> TASK PROMPT:
Begin at the line below that has "update-Ensures_example = update-Ensures" and stop after the line that has "(Stores (ActionAgreed network ((77, table) ∷ []) 77 3306 2". Please restate only those lines, word for word.

*** Opening of EXERCISE MATERIAL ***

-- ===== src/Tests/Runs.antt =====
-- The theorems on the protocols' safety at concrete contexts.
use indrav.Prelude.{refl, [], ◌∷◌}
use indrav.Types.{AppState}
use indrav.Machine.Rules.{Ensures}
use indrav.Protocol.Agreed.{StateAgreed, Stores}
use indrav.Protocol.Update.{update_initiating, update_responding}
use indrav.Protocol.Update.Safety.{update-Ensures}
use indrav.Protocol.TakeAction.{take_action_initiating, take_action_responding}
use indrav.Protocol.TakeAction.Safety.{ActionAgreed, take_action-Ensures}
use indrav.Protocol.Uninstall.{uninstall_initiating, uninstall_responding}
use indrav.Protocol.Uninstall.Safety.{UninstallAgreed, uninstall-Ensures}
use indrav.Protocol.Setup.{setup_initiating, setup_responding}
use indrav.Protocol.Setup.Safety.{SetupAgreed, setup-Ensures}
use indrav.Protocol.Propose.{propose_responding}
use indrav.Protocol.Propose.Agreement.{ProposalAgreed, propose_responding-Ensures}
use indrav.Protocol.Install.Sides.{install_initiating, install_responding}
use indrav.Protocol.Install.Safety.{InstallAgreed, install-Ensures}
use indrav.Machine.{update_params, no_data}
use indrav.Runner.{first_recipient, step, initiate_protocol}
use indrav.Runner.Opening.{Opens}
use indrav.Runner.Starts.{Starts, initiate_protocol-Starts}
use indrav.Tests.Toy.{toy, toy_chain, toy_ethereum, network}
use indrav.Tests.Table.{table, receives, update, action, uninstall, setup, propose, install}

propose_responding-Ensures_example :
    Ensures
      (ProposalAgreed (receives propose 100))
      (Stores (ProposalAgreed (receives propose 100)) ((77, table) ∷ []))
      (propose_responding (receives propose 100))
propose_responding-Ensures_example = propose_responding-Ensures (receives propose 100)

update-Ensures_example :
    Ensures
      (StateAgreed network ((77, table) ∷ []) 77 3306 2 (AppState.opaque 5))
      (Stores
        (StateAgreed network ((77, table) ∷ []) 77 3306 2 (AppState.opaque 5))
        ((77, table) ∷ []))
      (update_initiating (receives update 103))
    × Ensures
        (StateAgreed network ((77, table) ∷ []) 77 3306 1 (AppState.opaque 5))
        (Stores
          (StateAgreed network ((77, table) ∷ []) 77 3306 1 (AppState.opaque 5))
          ((77, table) ∷ []))
        (update_responding (receives update 103))
update-Ensures_example = update-Ensures (receives update 103)

take_action-Ensures_example :
    Ensures
      (ActionAgreed network ((77, table) ∷ []) 77 3306 2 9)
      (Stores (ActionAgreed network ((77, table) ∷ []) 77 3306 2 9) ((77, table) ∷ []))
      (take_action_initiating (receives action 103))
    × Ensures
        (ActionAgreed network ((77, table) ∷ []) 77 3306 1 9)
        (Stores (ActionAgreed network ((77, table) ∷ []) 77 3306 1 9) ((77, table) ∷ []))
        (take_action_responding (receives action 103))
take_action-Ensures_example = take_action-Ensures (receives action 103)

uninstall-Ensures_example :
    Ensures
      (UninstallAgreed network ((77, table) ∷ []) uninstall 2)
      (Stores (UninstallAgreed network ((77, table) ∷ []) uninstall 2) ((77, table) ∷ []))
      (uninstall_initiating (receives uninstall 100))
    × Ensures
        (UninstallAgreed network ((77, table) ∷ []) uninstall 1)
        (Stores (UninstallAgreed network ((77, table) ∷ []) uninstall 1) ((77, table) ∷ []))
        (uninstall_responding (receives uninstall 100))
uninstall-Ensures_example = uninstall-Ensures (receives uninstall 100)

setup-Ensures_example :
    Ensures
      (SetupAgreed (receives setup 100) 2)
      (Stores (SetupAgreed (receives setup 100) 2) ((77, table) ∷ []))
      (setup_initiating (receives setup 100))
    × Ensures
        (SetupAgreed (receives setup 100) 1)
        (Stores (SetupAgreed (receives setup 100) 1) ((77, table) ∷ []))
        (setup_responding (receives setup 100))
setup-Ensures_example = setup-Ensures (receives setup 100)

install-Ensures_example :
    Ensures
      (InstallAgreed network ((77, table) ∷ []) install 2)
      (Stores (InstallAgreed network ((77, table) ∷ []) install 2) ((77, table) ∷ []))
      (install_initiating (receives install 100))
    × Ensures
        (InstallAgreed network ((77, table) ∷ []) install 1)
        (Stores (InstallAgreed network ((77, table) ∷ []) install 1) ((77, table) ∷ []))
        (install_responding (receives install 100))
install-Ensures_example = install-Ensures (receives install 100)

initiate_protocol-Starts_example :
    Opens
      (Starts 5 (update_params update))
      (step network ((77, table) ∷ []) 5 no_data 0 (update_params update))
unfolding initiate_protocol first_recipient
initiate_protocol-Starts_example =
    initiate_protocol-Starts network ((77, table) ∷ []) 5 (update_params update)
      (step network ((77, table) ∷ []) 5 no_data 0 (update_params update)) refl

*** Close of EXERCISE MATERIAL ***

> ANSWER TO THIS PROBLEM:
update-Ensures_example = update-Ensures (receives update 103)

take_action-Ensures_example :
    Ensures
      (ActionAgreed network ((77, table) ∷ []) 77 3306 2 9)
      (Stores (ActionAgreed network ((77, table) ∷ []) 77 3306 2 9) ((77, table) ∷ []))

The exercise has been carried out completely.